Las Vegas Sun

June 2, 2024

Insider deals investigated at Planet Hollywood

ORLANDO, Fla. -- Planet Hollywood International Inc. wrote off $5 million in loans to celebrities and created a "tangled web" of insider deals that benefited top executives and other insiders, an independent review of the bankrupt company shows.

The once high-flying restaurant company, which counted Arnold Schwarzenegger, Bruce Willis, Demi Moore and Sylvester Stallone as celebrity backers, is now struggling to emerge from bankruptcy for a second time in two years.

The company operates a restaurant on the Las Vegas Strip at the Forum Shops at Caesars, but has abandoned plans to build a Las Vegas hotel-casino.

The independent examiner's report, ordered by the court at the request of the company's unsecured creditors who are owed $20 million, was filed Monday in U.S. Bankruptcy Court in Orlando.

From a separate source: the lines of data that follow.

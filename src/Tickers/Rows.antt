-- ===== src/Tickers/Rows.antt =====
-- The search for the next market, in an answer that lays out its markets one by one.
use mathlib.Core.Path.{subst}
use ken_code_de_bridge.Base.{
  Bytes, List, [], append_assoc, arith, get_elem?, length, length-append, none, ok, pos, refl, some,
  suc, true, ℕ, ◌++◌, ◌+◌, ◌∷◌, ◌≡◌, ◌≤◌,
}
use ken_code_de_bridge.Json.{Token, json_find_token, string, token_text}
use ken_code_de_bridge.Json.Views.{
  At, At-head, At-skip, View, json_find_token-gap, json_find_token-none, lacks,
}
use ken_code_de_bridge.Tickers.{find_next, name_before, name_text}

-- A market of the answer: what is not looked at, the name, the bracket, and then the key.
pub record Row : Type 0 where
  pub gap : List View
  pub name : Bytes
  pub bracket : View

abbrev pub before_key : Row → List View
before_key r = r.gap ++ (string, r.name) ∷ r.bracket ∷ []

abbrev pub rows_views : Bytes → List Row → List View → List View
rows_views key [] rest = rest
rows_views key (r ∷ rows) rest = before_key r ++ (string, key) ∷ rows_views key rows rest

-- No name is the key, and nothing between is.
abbrev pub AllInOrder : Bytes → List Row → Type 0
AllInOrder key [] = Unit
AllInOrder key (r ∷ rows) = (lacks key (before_key r) ≡ true) × AllInOrder key rows

pub length-rows_views :
    (key : Bytes) (rows : List Row) (rest : List View)
    → length rows + length rest ≤ length (rows_views key rows rest)
length-rows_views key [] rest = omega arith
length-rows_views key (r ∷ rows) rest =
    omega (arith, length-append {0} (before_key r), length-rows_views key rows rest)

module _ (key json : Bytes) (tokens : List Token) (n : ℕ) where
  next_named :
      (i k : ℕ) (t : Token) (name : Bytes)
      → json_find_token json tokens n i key ≡ ok (pos (suc (suc k)))
      → get_elem? tokens k ≡ some t
      → t.type ≡ string
      → token_text json t ≡ ok name
      → find_next key json tokens n i ≡ ok (suc (suc k), some name)
  unfolding find_next name_before name_text
  next_named i k t name e there is reads = rw (e, there, is, reads)

  pub find_next-none :
      (i : ℕ) (vs : List View)
      → At json tokens n i vs
      → lacks key vs ≡ true
      → find_next key json tokens n i ≡ ok (0, none)
  unfolding find_next name_before
  find_next-none i vs at l = rw (json_find_token-none json tokens n i key vs at l)

  pub find_next-row :
      (i : ℕ) (r : Row) (rest : List View)
      → At json tokens n i (before_key r ++ (string, key) ∷ rest)
      → lacks key (before_key r) ≡ true
      → (k : ℕ) × (find_next key json tokens n i ≡ ok (suc k, some r.name))
        × At json tokens n (suc k + 1) rest
  find_next-row i r rest at l =
      let (found, after) = json_find_token-gap json tokens n i key (before_key r) rest at l in
      let split = append_assoc r.gap ((string, r.name) ∷ r.bracket ∷ []) ((string, key) ∷ rest) in
      let at_name = At-skip json tokens n i r.gap _ (subst (At json tokens n i) split at) in
      let (t, there, is, reads, later) = At-head json tokens n _ _ _ at_name in
      let e : i + length (before_key r) ≡ suc (suc (i + length r.gap)) =
        omega (arith, length-append {0} r.gap ((string, r.name) ∷ r.bracket ∷ [])) in
      (
        suc (i + length r.gap),
        next_named i (i + length r.gap) t r.name (rw e at found) there is reads,
        rw e at after,
      )

  -- From the key on, the search stays there.
  pub find_next-stays :
      (i : ℕ) (r : Row) (rest : List View)
      → At json tokens n i (before_key r ++ (string, key) ∷ rest)
      → lacks key (before_key r) ≡ true
      → (k : ℕ) × (find_next key json tokens n i ≡ ok (suc k, some r.name))
        × (find_next key json tokens n (suc k) ≡ ok (suc k, some r.name))
  find_next-stays i r rest at l =
      let (found, after) = json_find_token-gap json tokens n i key (before_key r) rest at l in
      let split = append_assoc r.gap ((string, r.name) ∷ r.bracket ∷ []) ((string, key) ∷ rest) in
      let at_name = At-skip json tokens n i r.gap _ (subst (At json tokens n i) split at) in
      let (t, there, is, reads, later) = At-head json tokens n _ _ _ at_name in
      let at_key = At-skip json tokens n i (before_key r) _ at in
      let (again, _) =
        json_find_token-gap json tokens n (i + length (before_key r)) key [] rest at_key refl in
      let e : i + length (before_key r) ≡ suc (suc (i + length r.gap)) =
        omega (arith, length-append {0} r.gap ((string, r.name) ∷ r.bracket ∷ [])) in
      let e' : i + length (before_key r) + 0 ≡ i + length (before_key r) = omega arith in
      let k = i + length r.gap in
      (
        suc k,
        next_named i k t r.name (rw e at found) there is reads,
        next_named (suc (suc k)) k t r.name (rw e at (rw e' at again)) there is reads,
      )
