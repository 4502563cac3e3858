-- ===== src/Btc38/Markets.antt =====
-- `btc38_parse_market` over an answer that lays out its markets one by one.
use ken_code_de_bridge.Base.{
  Bytes, Floats, List, [], ap, append-nil, append_assoc, arith, codes, false, length, none, ok, pos,
  some, suc, true, zero, ℕ, ◌++◌, ◌+◌, ◌<◌, ◌==◌, ◌∙◌, ◌∷◌, ◌≡◌, ◌≢◌,
}
use ken_code_de_bridge.Book.{Market}
use ken_code_de_bridge.Json.{Token, Tokenizer}
use ken_code_de_bridge.Json.Views.{At, At-head, View, lacks}
use ken_code_de_bridge.Tickers.Rows.{
  AllInOrder, Row, find_next-none, find_next-row, length-rows_views, rows_views,
}
use ken_code_de_bridge.Btc38.{btc38_parse_market, find_next_market_type, market_of, markets_loop}

module _ {D : Type 0} (floats : Floats D) where
  -- A market for each name.
  abbrev pub markets_of : Bytes → List Row → List (Market D)
  markets_of base_currency [] = []
  markets_of base_currency (r ∷ rows) =
      market_of floats base_currency r.name ∷ markets_of base_currency rows

  module _ (json : Bytes) (tokens : List Token) (n : ℕ) (base : Bytes) where
    loop_round :
        (fuel i k : ℕ) (head : List (Market D)) (name : Bytes)
        → find_next_market_type json tokens n i ≡ ok (suc k, some name)
        → i ≢ 0
        → markets_loop floats json tokens n base (suc fuel) i head
          ≡ markets_loop floats json tokens n base fuel
              (suc k + 1)
              (head ++ market_of floats base name ∷ [])
    unfolding markets_loop
    loop_round fuel i k head name e ne =
        let test : (i == 0) ≡ false = ground arith in
        let test' : (suc k == 0) ≡ false = ground arith in rw (test, e, test')

    loop_last :
        (fuel i : ℕ) (head : List (Market D))
        → find_next_market_type json tokens n i ≡ ok (0, none)
        → i ≢ 0
        → markets_loop floats json tokens n base (suc (suc fuel)) i head ≡ ok head
    unfolding markets_loop
    loop_last fuel i head e ne = let test : (i == 0) ≡ false = ground arith in rw (test, e)

    loop-rows :
        (rows : List Row) (tail : List View) (fuel i : ℕ) (head : List (Market D))
        → At json tokens n i (rows_views (codes "ticker") rows tail)
        → i ≢ 0
        → AllInOrder (codes "ticker") rows
        → lacks (codes "ticker") tail ≡ true
        → length rows + 1 < fuel
        → markets_loop floats json tokens n base fuel i head ≡ ok (head ++ markets_of base rows)
    unfolding find_next_market_type
    loop-rows rows tail zero i head at ne o l h = absurd (omega arith)
    loop-rows [] tail (suc zero) i head at ne o l h = absurd (omega arith)
    loop-rows [] tail (suc (suc fuel)) i head at ne o l h =
        loop_last fuel i head (find_next-none (codes "ticker") json tokens n i tail at l) ne
        ∙ rw append-nil
    loop-rows (r ∷ rows) tail (suc fuel) i head at ne (lr, o) l h =
        let (k, e, later) = find_next-row (codes "ticker") json tokens n i r _ at lr in
        loop_round fuel i k head r.name e ne
        ∙ loop-rows rows tail fuel (suc k + 1) _ later (λ z. absurd (omega (arith, z))) o l
            (omega arith)
        ∙ ap ok (append_assoc head (market_of floats base r.name ∷ []) _)

  -- An answer that lays out its markets one by one, behind its opening bracket, gives them all, in
  -- order: names, upper-case currencies, the path to the book, and the fee 0.7.
  pub btc38_parse_market-rows :
      (jsmn : Tokenizer) (json : Bytes) (tokens : List Token) (n : ℕ) (base : Bytes) (v : View)
      (rows : List Row) (tail : List View)
      → jsmn json 65535 ≡ (pos n, tokens)
      → At json tokens n 0 (v ∷ rows_views (codes "ticker") rows tail)
      → AllInOrder (codes "ticker") rows
      → lacks (codes "ticker") tail ≡ true
      → btc38_parse_market floats jsmn json base ≡ ok (markets_of base rows)
  unfolding btc38_parse_market
  btc38_parse_market-rows jsmn json tokens n base v rows tail parsed at o l =
      let (t, there, is, reads, later) = At-head json tokens n 0 _ _ at in
      rw parsed (
        loop-rows json tokens n base rows tail (n + 2) 1 [] later (λ z. absurd (omega (arith, z))) o
          l (omega (arith, later.count, length-rows_views (codes "ticker") rows tail)))
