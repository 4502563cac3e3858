-- ===== src/Btc38/Tests.antt =====
-- The parsers of book/btc38.c on answers of the service, and the theorems at them.
use mathlib.Core.Path.{refl, ◌≡◌}
use ken_code_de_bridge.Base.{Bytes, List, [], atoi, codes, equal, ok, some, to_upper, ℕ, ◌∷◌}
use ken_code_de_bridge.Fixtures.{clip, gives, micro, token}
use ken_code_de_bridge.Book.{Book}
use ken_code_de_bridge.Json.{Token, array, double_of_text, object, primitive, string, token_text}
use ken_code_de_bridge.Json.Views.{At}
use ken_code_de_bridge.Json.Check.{At-checked}
use ken_code_de_bridge.Levels.First.{Level}
use ken_code_de_bridge.Tickers.Rows.{Row, rows_views}
use ken_code_de_bridge.Btc38.{btc38_all_upper, btc38_parse_book, btc38_parse_market, market_of}
use ken_code_de_bridge.Btc38.Ends.{btc38_parse_book-Ends}
use ken_code_de_bridge.Json.Progress.{Ends}
use ken_code_de_bridge.Btc38.Books.{answer_views, btc38_parse_book-merged}
use ken_code_de_bridge.Btc38.Markets.{btc38_parse_market-rows}

abbrev book_json : Bytes
book_json = codes "{\"bids\":[[3,1],[2,5]],\"asks\":[[4,7],[5,8],[6,9]]}"

abbrev book_tokens : List Token
book_tokens =
    token object 0 49
    ∷ token string 2 6
    ∷ token array 8 21
    ∷ token array 9 14
    ∷ token primitive 10 11
    ∷ token primitive 12 13
    ∷ token array 15 20
    ∷ token primitive 16 17
    ∷ token primitive 18 19
    ∷ token string 23 27
    ∷ token array 29 48
    ∷ token array 30 35
    ∷ token primitive 31 32
    ∷ token primitive 33 34
    ∷ token array 36 41
    ∷ token primitive 37 38
    ∷ token primitive 39 40
    ∷ token array 42 47
    ∷ token primitive 43 44
    ∷ token primitive 45 46
    ∷ []

abbrev bid : Level
bid = record {
  bracket = clip book_json array 9 14;
  first = clip book_json primitive 10 11;
  second = clip book_json primitive 12 13;
}

abbrev last_bid : Level
last_bid = record {
  bracket = clip book_json array 15 20;
  first = clip book_json primitive 16 17;
  second = clip book_json primitive 18 19;
}

abbrev ask_one : Level
ask_one = record {
  bracket = clip book_json array 30 35;
  first = clip book_json primitive 31 32;
  second = clip book_json primitive 33 34;
}

abbrev ask_two : Level
ask_two = record {
  bracket = clip book_json array 36 41;
  first = clip book_json primitive 37 38;
  second = clip book_json primitive 39 40;
}

abbrev last_ask : Level
last_ask = record {
  bracket = clip book_json array 42 47;
  first = clip book_json primitive 43 44;
  second = clip book_json primitive 45 46;
}

book-At : At book_json book_tokens 20 0 (
    answer_views
      (clip book_json object 0 49 ∷ [])
      (clip book_json array 8 21)
      (bid ∷ [])
      last_bid
      (clip book_json array 29 48)
      (ask_one ∷ ask_two ∷ [])
      last_ask)
unfolding token_text equal
book-At = At-checked book_json book_tokens _ refl

-- Of two bids and three asks, one bid and two asks are kept.
abbrev kept_levels : List (Book ℕ)
kept_levels =
    record { bid_qty = 3000000; bid_price = 1000000; ask_qty = 4000000; ask_price = 7000000 }
    ∷ record { bid_qty = 0; bid_price = 0; ask_qty = 5000000; ask_price = 8000000 }
    ∷ []

btc38_parse_book-merged_example :
    btc38_parse_book micro (gives book_tokens) book_json ≡ ok kept_levels
unfolding equal double_of_text atoi
btc38_parse_book-merged_example =
    btc38_parse_book-merged micro (gives book_tokens) book_json book_tokens 20 refl
      (clip book_json object 0 49 ∷ []) (clip book_json array 8 21) (bid ∷ []) last_bid
      (clip book_json array 29 48) (ask_one ∷ ask_two ∷ []) last_ask book-At refl refl

abbrev markets_json : Bytes
markets_json = codes "{\"ltc\":{\"ticker\":{\"high\":2}},\"doge\":{\"ticker\":{\"high\":1}}}"

abbrev markets_tokens : List Token
markets_tokens =
    token object 0 58
    ∷ token string 2 5
    ∷ token object 7 28
    ∷ token string 9 15
    ∷ token object 17 27
    ∷ token string 19 23
    ∷ token primitive 25 26
    ∷ token string 30 34
    ∷ token object 36 57
    ∷ token string 38 44
    ∷ token object 46 56
    ∷ token string 48 52
    ∷ token primitive 54 55
    ∷ []

abbrev ltc_row : Row
ltc_row = record { gap = []; name = codes "ltc"; bracket = clip markets_json object 7 28 }

abbrev doge_row : Row
doge_row = record {
  gap =
      clip markets_json object 17 27
      ∷ clip markets_json string 19 23
      ∷ clip markets_json primitive 25 26
      ∷ [];
  name = codes "doge";
  bracket = clip markets_json object 36 57;
}

markets-At : At markets_json markets_tokens 13 0 (
    (clip markets_json object 0 58
      ∷ rows_views (codes "ticker") (ltc_row ∷ doge_row ∷ []) (
          clip markets_json object 46 56
          ∷ clip markets_json string 48 52
          ∷ clip markets_json primitive 54 55
          ∷ [])))
unfolding token_text equal
markets-At = At-checked markets_json markets_tokens _ refl

btc38_parse_market-rows_example :
    btc38_parse_market micro (gives markets_tokens) markets_json (codes "btc")
    ≡ ok (
        market_of micro (codes "btc") (codes "ltc")
        ∷ market_of micro (codes "btc") (codes "doge")
        ∷ [])
unfolding equal
btc38_parse_market-rows_example =
    btc38_parse_market-rows micro (gives markets_tokens) markets_json markets_tokens 13
      (codes "btc") (clip markets_json object 0 58) (ltc_row ∷ doge_row ∷ [])
      (clip markets_json object 46 56
        ∷ clip markets_json string 48 52
        ∷ clip markets_json primitive 54 55
        ∷ [])
      refl markets-At (refl, (refl, tt)) refl

ltc_in_upper_case : market_of micro (codes "btc") (codes "ltc") ≡ record {
  market_name = some (codes "?c=btc&mk_type=ltc");
  market_currency = some (codes "LTC");
  base_currency = some (codes "BTC");
  min_trade_size = 0;
  fee = 700000;
}
unfolding btc38_all_upper to_upper
ltc_in_upper_case = refl

btc38_parse_book-Ends_example : Ends (btc38_parse_book micro (gives book_tokens) book_json)
btc38_parse_book-Ends_example = btc38_parse_book-Ends micro (gives book_tokens) book_json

The names of celebrities who had loans forgiven weren't made public.

The examiner, Soneet R. Kapila, criticized Planet Hollywood's founders, CEO Robert Earl and Keith Barrish, for being too chummy with the celebrities.

"It would appear that both Earl and Barrish were more concerned with preserving their personal relationships with the celebrities at the expense of the business, creditors and shareholders," Kapila wrote.

The Orlando-based company might have been able to recover the loans if executives hadn't decided to write them off, the 57-page report said.

The celebrity backers had been given shares of Planet Hollywood, a themed restaurant that relies on movie memorabilia and star appearances, when the company went public in 1996, but many of them later wanted to divest their shares.

Planet Hollywood's IPO shares sold for $18 apiece in October 1996 and traded in the low $30 range later that year.

To avoid bad publicity from celebrity sales, Planet Hollywood helped the celebrities arrange loans secured against the company's stock. Later, the company "effectively stepped into the shoes of the financial institution" and posted the full value of the loans, the report said.

Earl and Planet Hollywood's bankruptcy attorney, Scott Shuker, said the company didn't recover the loans because they were backed by stock that is now worthless and the loans were written off the first time the company filed for bankruptcy.

"We didn't have the opportunity to recover them," Earl said Tuesday from London.

Moreover, trying to recover the loans would be a bad business decision for a company reliant on celebrities, Shuker said.

"You're trying to keep these people happy at a time the company isn't performing," Shuker said. "When you start suing their friends, it's not a good idea."

A legal analysis is needed to see whether the loans constitute fraud or whether there was management misconduct on other matters, Kapila said.

Earl and chief financial officer Tom Avallone made sweetheart deals for themselves and others by creating a "tangled web" of arrangements between the company and franchises that were owned or controlled by the executives or board members, according to the report.

The report faulted Planet Hollywood managers for being ineffective in collecting fees from franchises, many of which were owned or controlled by company officers and directors.